De voorzitter
– Wegens de coronamaatregelen werd deze vraag om uitleg via videoconferentie behandeld.
Mevrouw Joosen heeft het woord.
Sofie Joosen (N-VA)
Voorzitter, minister, collega’s, de coronacrisis zorgde voor uitpuilende aardappelstocks door het wegvallen van horeca, evenementen en andere grote afnemers van aardappelproducten. Het mondiale karakter van deze problematiek had als gevolg dat er wereldwijd een enorme stock werd opgebouwd, die onder meer in de handel van diepgevroren producten voor de nodige verschuivingen zorgde. De aardappelprijzen kregen logischerwijs een flinke optater en die situatie dreigt, net als in de varkensvleessector, nog een tijdje aan te houden zolang de stocks zo hoog blijven en de consumptie niet exponentieel toeneemt.
De North-Western European Potato Growers (NEPG) deed daarom in oktober de aanbeveling aan haar aangesloten leden om hun uit te planten areaal aardappelen in 2021 met 15 procent te doen dalen, om de stocks te kunnen verkleinen en het aanbod in overeenstemming te brengen met de effectieve marktvraag.
Enkele weken geleden maakte de NEPG kenbaar dat het uitgeplant areaal binnen de EU-4 ‘slechts’ 3 tot 5 procent lager zou liggen, wat allicht te weinig zal zijn om de marktvraag serieus bij te sturen.
Uiteraard valt de redenering van de telers te begrijpen: er is vooral naar de collega’s gekeken om die areaalvermindering te doen en te hopen dat zo de prijzen voor het eigen, niet-ingeperkte areaal zich rechttrokken.
Minister, hoe evalueert u momenteel de evolutie van de aardappelprijzen? Hoe schat u de impact in van eventuele stocks die nog op de markt moeten worden gebracht? Meent u dat een vrijwillige reductie van het areaal de marktprijs duurzaam had kunnen herstellen?
In hoeverre voorzien de Vlaamse en/of Europese landbouwbeleidsmechanismen in een mogelijkheid om een collectieve areaalreductie te doen? Gaan jullie dat faciliteren of eventueel afdwingen?
De voorzitter
Minister Crevits heeft het woord.
Minister Hilde Crevits
Collega’s, een groot aantal aardappeltelers hebben een moeilijk jaar achter de rug door corona. Onze Vlaamse aardappelsector is sterk exportgericht: 90 procent van onze diepvriesfrieten zijn bedoeld voor export. Het wegvallen van afzetkanalen in het buitenland heeft dan ook meteen een zeer grote impact.

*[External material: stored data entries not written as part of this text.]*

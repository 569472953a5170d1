-- ===== src/Messages.antt =====
-- frontend/src/lib/error-messages.ts and frontend/src/lib/constants.ts: the error codes of the
-- API, the text shown for each, and the code that a status stands for.
pub mod Coverage
mod Tests
use expense_saas.Prelude.{
  ℕ, String, Option, none, some, List, [], ◌∷◌, ◌==◌, ◌||◌, str_eq, if◌then◌else◌,
}

-- ERROR_CODES
unfoldable pub error_codes : List String
error_codes =
    "BAD_REQUEST" ∷ "VALIDATION_ERROR" ∷ "UNAUTHORIZED" ∷ "INVALID_CREDENTIALS" ∷ "INVALID_TOKEN"
    ∷ "TOKEN_EXPIRED" ∷ "FORBIDDEN" ∷ "SELF_APPROVAL_NOT_ALLOWED" ∷ "SELF_PAYMENT_NOT_ALLOWED"
    ∷ "RESOURCE_NOT_FOUND" ∷ "CONFLICT" ∷ "FILE_TOO_LARGE" ∷ "INVALID_STATE_TRANSITION"
    ∷ "REPORT_NOT_EDITABLE" ∷ "REPORT_NOT_DELETABLE" ∷ "EMPTY_REPORT_SUBMISSION"
    ∷ "NO_APPROVER_IN_TENANT" ∷ "INVALID_PERIOD" ∷ "INVALID_AMOUNT" ∷ "INVALID_FILE_TYPE"
    ∷ "MISSING_REJECTION_REASON" ∷ "RATE_LIMIT_EXCEEDED" ∷ "INTERNAL_ERROR" ∷ []

abbrev pub internal_error_message : String
internal_error_message = "サーバーとの通信に失敗しました。しばらくしてから再度お試しください。"

abbrev pub validation_error_message : String
validation_error_message = "入力内容に誤りがあります。各項目を確認してください。"

-- SERVER_ERROR_MESSAGES: its own keys, in the order of the source.
unfoldable pub server_error_messages : List (String × String)
server_error_messages =
    ("BAD_REQUEST", "リクエストの形式が正しくありません。")
    ∷ ("VALIDATION_ERROR", validation_error_message)
    ∷ ("UNAUTHORIZED", "認証が必要です。再度ログインしてください。")
    ∷ ("INVALID_CREDENTIALS", "メールアドレスまたはパスワードが正しくありません")
    ∷ ("INVALID_TOKEN", "認証情報が無効です。再度ログインしてください。")
    ∷ ("TOKEN_EXPIRED", "認証の有効期限が切れました。再度ログインしてください。")
    ∷ ("FORBIDDEN", "この操作を行う権限がありません。")
    ∷ ("SELF_APPROVAL_NOT_ALLOWED", "自分のレポートは承認できません")
    ∷ ("SELF_PAYMENT_NOT_ALLOWED", "自分が作成したレポートの支払完了は記録できません")
    ∷ ("RESOURCE_NOT_FOUND", "指定されたデータが見つかりません。")
    ∷ ("CONFLICT", "他のユーザーがこのレポートを更新しました。ページを再読み込みしてください。")
    ∷ ("FILE_TOO_LARGE", "ファイルサイズは5MB以下にしてください")
    ∷ ("INVALID_STATE_TRANSITION", "この状態遷移は許可されていません。")
    ∷ ("REPORT_NOT_EDITABLE", "提出済みのレポートは編集できません")
    ∷ ("REPORT_NOT_DELETABLE", "提出済みのレポートは削除できません")
    ∷ ("EMPTY_REPORT_SUBMISSION", "明細を1件以上追加してから提出してください")
    ∷ ("NO_APPROVER_IN_TENANT", "承認者が登録されていないため提出できません")
    ∷ ("INVALID_PERIOD", "開始日は終了日以前を指定してください")
    ∷ ("INVALID_AMOUNT", "金額は正の整数で入力してください")
    ∷ ("INVALID_FILE_TYPE", "JPEG, PNG, PDF のみアップロード可能です")
    ∷ ("MISSING_REJECTION_REASON", "却下理由を入力してください")
    ∷ ("RATE_LIMIT_EXCEEDED", "しばらく待ってから再試行してください")
    ∷ ("INTERNAL_ERROR", internal_error_message)
    ∷ []

-- `SERVER_ERROR_MESSAGES[code]`
unfoldable pub entry : String → List (String × String) → Option String
entry code [] = none
entry code ((k, v) ∷ rest) = if str_eq k code then some v else entry code rest

-- inferCodeFromStatus
unfoldable pub infer_code_from_status : ℕ → String
infer_code_from_status status =
    if status == 500 || status == 502 || status == 503 || status == 504
    then "INTERNAL_ERROR"
    else if status == 429
    then "RATE_LIMIT_EXCEEDED"
    else if status == 404
    then "RESOURCE_NOT_FOUND"
    else if status == 403
    then "FORBIDDEN"
    else if status == 409
    then "CONFLICT"
    else if status == 422
    then "VALIDATION_ERROR"
    else "INTERNAL_ERROR"

-- The text of an error in client.ts: the server's own for a validation error, else the table's.
unfoldable pub message_of : String → Option String → String
message_of code server_message =
    if str_eq code "VALIDATION_ERROR"
    then elim server_message [ none ↦ validation_error_message | some m ↦ m ]
    else elim (entry code server_error_messages) [ none ↦ internal_error_message | some m ↦ m ]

Het Interprovinciaal Proefcentrum voor de Aardappelteelt vzw (PCA) geeft aan dat de voorraad in april dit jaar vergelijkbaar is met dezelfde periode vorig jaar. De voorraad ligt wel 20 procent hoger in vergelijking met de voorbije vijf seizoenen. Hierbij merkt PCA op dat deze toename voornamelijk te verklaren is door de hogere voorraden van aardappelen die onder contract liggen en deze zullen normaal gezien tijdig weggewerkt worden.
De coronapandemie heeft er dan ook voor gezorgd dat voor het eerst in jaren het Vlaamse areaal aardappelen daalt met 6,5 procent tegenover 2020. Ook in onze buurlanden verwachten we een areaaldaling van dezelfde grootteorde, wat dus minder is dan de aanbevelingen van de NEPG, die opriep tot een daling van 15 procent. Wat de oogst zal brengen dit jaar, daarvoor moeten we uiteraard nog even wachten.

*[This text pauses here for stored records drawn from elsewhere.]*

-- ===== src/Client.antt =====
-- frontend/src/api/client.ts: one call of the API with its refresh and retry, run alone. The
-- network answers each request by a function of all the requests before it.
pub mod Trace
pub mod Session
pub mod SingleFlight
mod Tests
use expense_saas.Prelude.{
  ℕ, String, Option, none, some, Bool, true, false, List, [], ◌∷◌, ◌++◌, ◌==◌, ◌||◌, ◌&&◌, leb,
  str_eq, truthy, if◌then◌else◌,
}
use Prim.Native.String
use expense_saas.Types.{ValidationError}
use expense_saas.Store.{Store, get_access_token, get_refresh_token, set_tokens, clear_tokens}
use expense_saas.Messages.{infer_code_from_status, message_of}

pub data Method : Type 0 where
  get post put delete : Method

-- What a request carries: nothing, a JSON text, or form data.
pub data Body : Type 0 where
  empty : Body
  json : String → Body
  refresh_token : String → Body  -- the JSON text of `{ refresh_token }`
  form_data : String → Body

pub record Request : Type 0 where
  pub method : Method
  pub path : String
  pub headers : List (String × String)
  pub body : Body

-- The body of a response as `res.json()` reads it: a parse failure, the ApiError shape, the token
-- pair in `data`, or another JSON value. A successful answer of the refresh endpoint that parses has
-- the pair, or no `data` at all, on which reading the pair throws.
pub data Payload : Type 0 where
  not_json : Payload
  api_error :
      (code : String) (message : Option String) (details : Option (List ValidationError)) → Payload
  auth_tokens : (access refresh : String) → Payload
  other : String → Payload

pub record Response : Type 0 where
  pub status : ℕ
  pub empty_content : Bool  -- the header content-length is "0"
  pub payload : Payload

-- A call of `fetch` answers, or rejects: the network failed or the signal was aborted.
pub data Fault : Type 0 where
  network abort : Fault

pub data Reply : Type 0 where
  answered : Response → Reply
  rejected : Fault → Reply

-- `response.ok`
abbrev pub is_ok : Response → Bool
is_ok r = leb 200 r.status && leb r.status 299

pub record ApiClientError : Type 0 where
  pub message : String
  pub status : ℕ
  pub code : String
  pub details : Option (List ValidationError)

pub data Result : Type 0 where
  success : Option Payload → Result  -- `none` is undefined
  failed : ApiClientError → Result
  thrown : Fault → Result
  bad_json : Result  -- the body of a successful response is no JSON

-- The page: the token store, where it was last sent, and what it has asked of the network.
pub record Page : Type 0 where
  pub store : Store
  pub location : Option String
  pub log : List Request

-- handleErrorResponse: the error that it throws.
unfoldable pub handle_error_response : Response → ApiClientError
handle_error_response r = elim r.payload [
  | api_error code message details ↦ record {
    message = message_of code message;
    status = r.status;
    code = code;
    details = details;
  }
  | _ ↦ record {
    message = message_of (infer_code_from_status r.status) none;
    status = r.status;
    code = infer_code_from_status r.status;
    details = none;
  }
]

abbrev pub login_path : String
login_path = "/api/auth/login"

abbrev pub refresh_path : String
refresh_path = "/api/auth/refresh"

abbrev pub unauthorized : ApiClientError
unauthorized = record {
  message = "Unauthorized";
  status = 401;
  code = "UNAUTHORIZED";
  details = none;
}

-- What `api.get`, `api.post`, `api.put` and `api.delete` hand to apiClient: no headers of their own.
pub record Init : Type 0 where
  pub method : Method
  pub path : String
  pub body : Body

abbrev pub json_type : String × String
json_type = ("Content-Type", "application/json")

abbrev pub content_type : Body → List (String × String)
content_type (form_data _) = []
content_type _ = json_type ∷ []

abbrev pub bearer : String → String × String
bearer token = ("Authorization", String.◌++◌ "Bearer " token)

abbrev authorization : Option String → List (String × String)
authorization none = []
authorization (some token) = if truthy token then bearer token ∷ [] else []

abbrev is_present : Option String → Bool
is_present none = false
is_present (some token) = truthy token

-- The headers of the first request, and of the retry: its token replaces the old one, if any.
unfoldable pub headers_of : Init → Option String → List (String × String)
headers_of init token = content_type init.body ++ authorization token

unfoldable pub retry_headers_of : Init → (old new : Option String) → List (String × String)
unfolding headers_of
retry_headers_of init old new = headers_of init (if is_present new then new else old)

abbrev pub request_of : Init → List (String × String) → Request
request_of init headers = record {
  method = init.method;
  path = init.path;
  headers = headers;
  body = init.body;
}

abbrev pub refresh_request : String → Request
refresh_request token = record {
  method = post;
  path = refresh_path;
  headers = json_type ∷ [];
  body = refresh_token token;
}

abbrev body_of : Response → Result
body_of r =
    if r.status == 204 || r.empty_content
    then success none
    else elim r.payload [ not_json ↦ bad_json | v ↦ success (some v) ]

-- What the caller gets from a response that is not to be retried.
unfoldable pub result_of : Response → Result
result_of r = if is_ok r then body_of r else failed (handle_error_response r)

-- `clearTokens(); window.location.href = '/login'; return false`
abbrev pub sign_out : Page → Bool × Page
sign_out p = (false, record p { store = clear_tokens p.store; location = some "/login" })

abbrev pub is_auth_endpoint : String → Bool
is_auth_endpoint path = str_eq path login_path || str_eq path refresh_path

module _ (fetch : List Request → Request → Reply) where
  abbrev pub sent : Request → Page → Page
  sent r p = record p { log = p.log ++ r ∷ [] }

  -- The part of doRefresh that reads the answer.
  pub refreshed_by : Reply → Page → Bool × Page
  refreshed_by (rejected _) p = sign_out p
  refreshed_by (answered r) p =
      if is_ok r
      then elim r.payload [
        | auth_tokens access refresh ↦
            (true, record p { store = set_tokens access refresh p.store })
        | _ ↦ sign_out p
      ]
      else sign_out p

  unfoldable pub do_refresh : Page → Bool × Page
  unfolding refreshed_by
  do_refresh p = elim (get_refresh_token p.store) [
    | none ↦ sign_out p
    | some token ↦
        if truthy token
        then refreshed_by (fetch p.log (refresh_request token)) (sent (refresh_request token) p)
        else sign_out p
  ]

  pub final : Reply → Result
  final (rejected f) = thrown f
  final (answered r) = result_of r

  -- The second request of a call, after a refresh that went through.
  pub retry : Init → (old : Option String) → Page → Result × Page
  retry init old p =
      let request = request_of init (retry_headers_of init old (get_access_token p.store)) in
      (final (fetch p.log request), sent request p)

  -- A 401: an error at once on the login and refresh endpoints, else a refresh and a retry.
  pub on_unauthorized : Init → (old : Option String) → Response → Page → Result × Page
  on_unauthorized init old r p =
      if is_auth_endpoint init.path
      then (failed (handle_error_response r), p)
      else let (refreshed, q) = do_refresh p in
        if refreshed then retry init old q else (failed unauthorized, q)

  pub on_reply : Init → (old : Option String) → Reply → Page → Result × Page
  on_reply init old (rejected f) p = (thrown f, p)
  on_reply init old (answered r) p =
      if r.status == 401 then on_unauthorized init old r p else (result_of r, p)

  unfoldable pub api_client : Init → Page → Result × Page
  api_client init p =
      let token = get_access_token p.store in
      let request = request_of init (headers_of init token) in
      on_reply init token (fetch p.log request) (sent request p)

Het Europese mededingingsrecht verbiedt in principe elke overeenkomst tussen marktdeelnemers die de mededinging beperkt. Een georganiseerde areaalreductie is dus in principe niet mogelijk.

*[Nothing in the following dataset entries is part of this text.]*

-- ===== src/Lib.antt =====
-- WAI is a proxy for language models with a Python server and a dashboard in TypeScript. This
-- library models the dashboard's own logic, under ui/src: the rules that decide what a user may see
-- and do, and the state machines behind its pages.
--
-- The parts and how they meet:
-- - Access: hooks/usePermissions.ts. The signed-in user (hooks/useMe.ts) is turned into a role, its
--   rank, and one flag for each capability (`derivePermissions`). Members, Navigation, Mcp and Keys
--   take these roles, ranks or flags as their input.
-- - Members: components/members/memberRules.ts. `memberActionState` decides whether a role may be
--   changed or a member removed, and says why not.
-- - Navigation: components/layout/navigation.ts. The tree of the sidebar, the items that a role
--   sees, the pages of the command palette, and the test of the current item.
-- - Keys: pages/keys/helpers.ts. The status, owner label, filter, sort and actions of an API key;
--   the texts of its limits (Keys/Limits), the dialog that edits it (Keys/Edit,
--   pages/keys/EditKeyDialog.tsx) and the wizard that creates it (Keys/Create,
--   pages/keys/CreateKeyDialog.tsx).
-- - Settings: components/settings/limits.ts and nameSlug.ts, and the forms of an organization
--   (components/settings/OrgSettingsForm.tsx) and of a team (pages/TeamSettingsTab.tsx).
-- - Hotkeys: hooks/useHotkeys.ts. The syntax of shortcuts, the step that a keyboard event makes,
--   and the listener, a function from the waiting steps and an event to the new waiting steps and
--   the binding that fires.
-- - LiveTail: pages/usage/useLiveTail.ts. The rows that the request log shows and buffers while it
--   polls; a run is a list of renders, polls, answers, flushes and ends of highlights.
-- - Logs: pages/usage/RequestLogsPage.tsx. The filters of the request log in the page's search
--   parameters, the handlers of the page (Logs/Page), the rows under the keys, and what the page
--   tells LiveTail; with the deep links of components/analytics/drilldown.ts. URLSearchParams is
--   the interface `UrlParams`.
-- - Pager: components/members/listState.ts. The cursors of a list of pages, the search,
--   and the sort of the loaded rows (Pager/Sorting).
-- - Toasts: hooks/useToast.tsx. The list of notifications and its three callbacks.
-- - Mcp: pages/mcp/helpers.ts and pages/mcp/serverForm.ts. Who may write a server, the list of
--   servers, and the requests that the form makes. The endpoint is that of pages/mcp/mcpUrl.ts.
-- - Chat: pages/playground/useChatStream.ts. The reader of the event stream (Chat/Sse) and the
--   hook's state with send, stop, clear and the outcomes of requests (Chat/Requests). Chat/Turns
--   runs them in any order, with any number of requests under way.
-- - Presets: pages/playground/presets.ts. The presets of the playground in the browser's storage,
--   with the types of pages/playground/responseFormat.ts.
-- - Series: components/analytics/timeSeries.ts and compareSeries.ts. The axis of a chart, its sums,
--   and the comparison with the window before.
-- - TimeRange: lib/timeRange.ts. The time ranges of the usage pages, their keys and their bounds.
-- - Csv: lib/export.ts. The text of a table that is downloaded, with a reader of such texts.
-- - Controls: components/ui/SegmentedControl.tsx and Select.tsx. What the keys of the two controls
--   do.
-- - Slug: lib/slug.ts. The slug that is derived from a name.
-- - Compare: pages/playground/CompareView.tsx. The columns of the comparison of models, what its
--   buttons tell the conversations of the columns, and the badges (metrics.ts).
-- - Sso: pages/OrgDetailSSOTab.tsx. The form of an organization's SSO and the test of its issuer.
-- - Modal: components/ui/useModalBehavior.ts. The stack of open dialogs and sheets, with their keys
--   and the lock of the page's scroll.
-- - Checklist: pages/mcp/ServerAccessChecklist.tsx. The MCP servers that may be used.
-- - Pricing: pages/models/PricingSyncSheet.tsx. The rows whose prices are updated.
-- - Models: pages/models/modelHelpers.ts. Aliases, fallback options, search and sort of models.
-- - Onboarding: components/onboarding/onboardingSteps.ts. The steps of a new organization, and
--   the flag of a dismissed list.
-- - BulkRevoke: pages/keys/useBulkRevoke.ts. Keys revoked one at a time, with the progress shown.
-- - RecentPages: components/command/recentPages.ts. The recent pages of the command palette.
-- - Common: helpers on lists, sets as lists, texts, integers, decimal numerals and sorting, which
--   the parts share.
-- Settings uses the texts of numbers that Keys uses; TimeRange shares the granularity of Series;
-- Logs reads the ranges of TimeRange and the rows of LiveTail; the wizard of Keys shows the
-- notifications of Toasts; Sso splits texts at commas as Models does.
--
-- How the code is written down: a hook's states and refs are the fields of a record, and a
-- callback is a function from the old record to the new one. What the code leaves to the engine
-- is an argument: toLowerCase (`lower`), Date.parse (`parse_date`), JSON.parse (`parse`),
-- encodeURIComponent (`encode`), the clock (an integer of milliseconds), toISOString, the
-- rounding of parseInt to a double (`engine`), localeCompare, random ids. Amounts of money are of
-- a type that a record of their operations gives, and the storage of Presets comes with its JSON,
-- its numbers and its texts (`Browser`). What the page decides comes with the event: whether the
-- target of a key is editable, whether a dialog is open. `Array.prototype.sort` is a stable
-- insertion sort, which is what every stable sort returns for a consistent comparator. Texts are
-- lists of code points; where the code counts or compares UTF-16 units, so does the model.
-- Optional fields are options, and a field that is undefined is `none`. A lookup in an object
-- literal is one among its own keys: the names that it inherits from Object.prototype, like
-- "constructor", are not modelled.
--
-- Bounds: the cap of 2000 rows, the five toasts, the six recent pages, the fifty messages, the 2000
-- buckets of an axis, the second between two keys and the seven days of an expiring key are the
-- code's own constants. Instants of Series are natural numbers of milliseconds since 1970. Two
-- functions run on fuel: the digits of a number take the number itself as fuel, of which each
-- division by ten leaves less, and the loop of an axis takes the milliseconds of its window, each
-- round of which passes at least one; it never runs out. All other recursion is on lists and texts.
--
-- Not modelled: React's rendering, effects and timers, the query library, the markup and the
-- icons and console warnings of the modelled files; floating-point figures (costs, KPIs); the
-- forms of alerts and of models, the reports and the dashboard, which show or send what the hooks
-- give; and the Python server, of which the dashboard sees only the answers.
mod Common
pub mod Access
pub mod Members
pub mod Navigation
pub mod Keys
pub mod Hotkeys
pub mod LiveTail
pub mod Pager
pub mod Toasts
pub mod Mcp
pub mod Chat
pub mod Models
pub mod Onboarding
pub mod BulkRevoke
pub mod RecentPages
pub mod Settings
pub mod Series
pub mod Csv
pub mod Presets
pub mod TimeRange
pub mod Controls
pub mod Slug
pub mod Compare
pub mod Sso
pub mod Modal
pub mod Checklist
pub mod Pricing
pub mod Logs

Vanwege de relatief zwakke positie van boeren in de landbouw- en voedselvoorzieningsketen, staat de landbouwwetgeving van de EU echter bepaalde uitzonderingen op de mededingingsregels toe. Zo krijgen erkende producentenorganisaties de mogelijkheid om aan productieplanning te doen door bijvoorbeeld af te spreken het areaal in te perken. In België zijn er momenteel echter geen erkende producentenorganisaties in de aardappelsector. En het zal altijd vanuit het initiatief van een groep landbouwers moeten starten. Als minister juich ik wel het gebruik van zo’n producentenorganisaties en gecoördineerde marktimpulsen toe. Er is ten slotte wel een brancheorganisatie erkend – Belpotato –, maar brancheorganisaties kunnen niet van deze uitzondering genieten.
De voorzitter
Mevrouw Joosen heeft het woord.
Sofie Joosen (N-VA)
Minister, intussen zijn inderdaad ook de Vlaamse cijfers bekend. Er is voor het eerst een daling met 6,5 procent maar mogelijk – u hebt dat gezegd – is dat nog altijd niet in overeenstemming met de vraag. We zoeken natuurlijk nog altijd naar diezelfde uitweg, die opslag. We doen dat voor melk, voor vlees en in dit geval ook voor aardappelen. Ik blijf herhalen dat dit slechts tijdelijke oplossingen zijn. Op een bepaald moment moet die stock opnieuw op de markt komen. We zien vaak dat dit geen heiligmakende oplossing is op die momenten.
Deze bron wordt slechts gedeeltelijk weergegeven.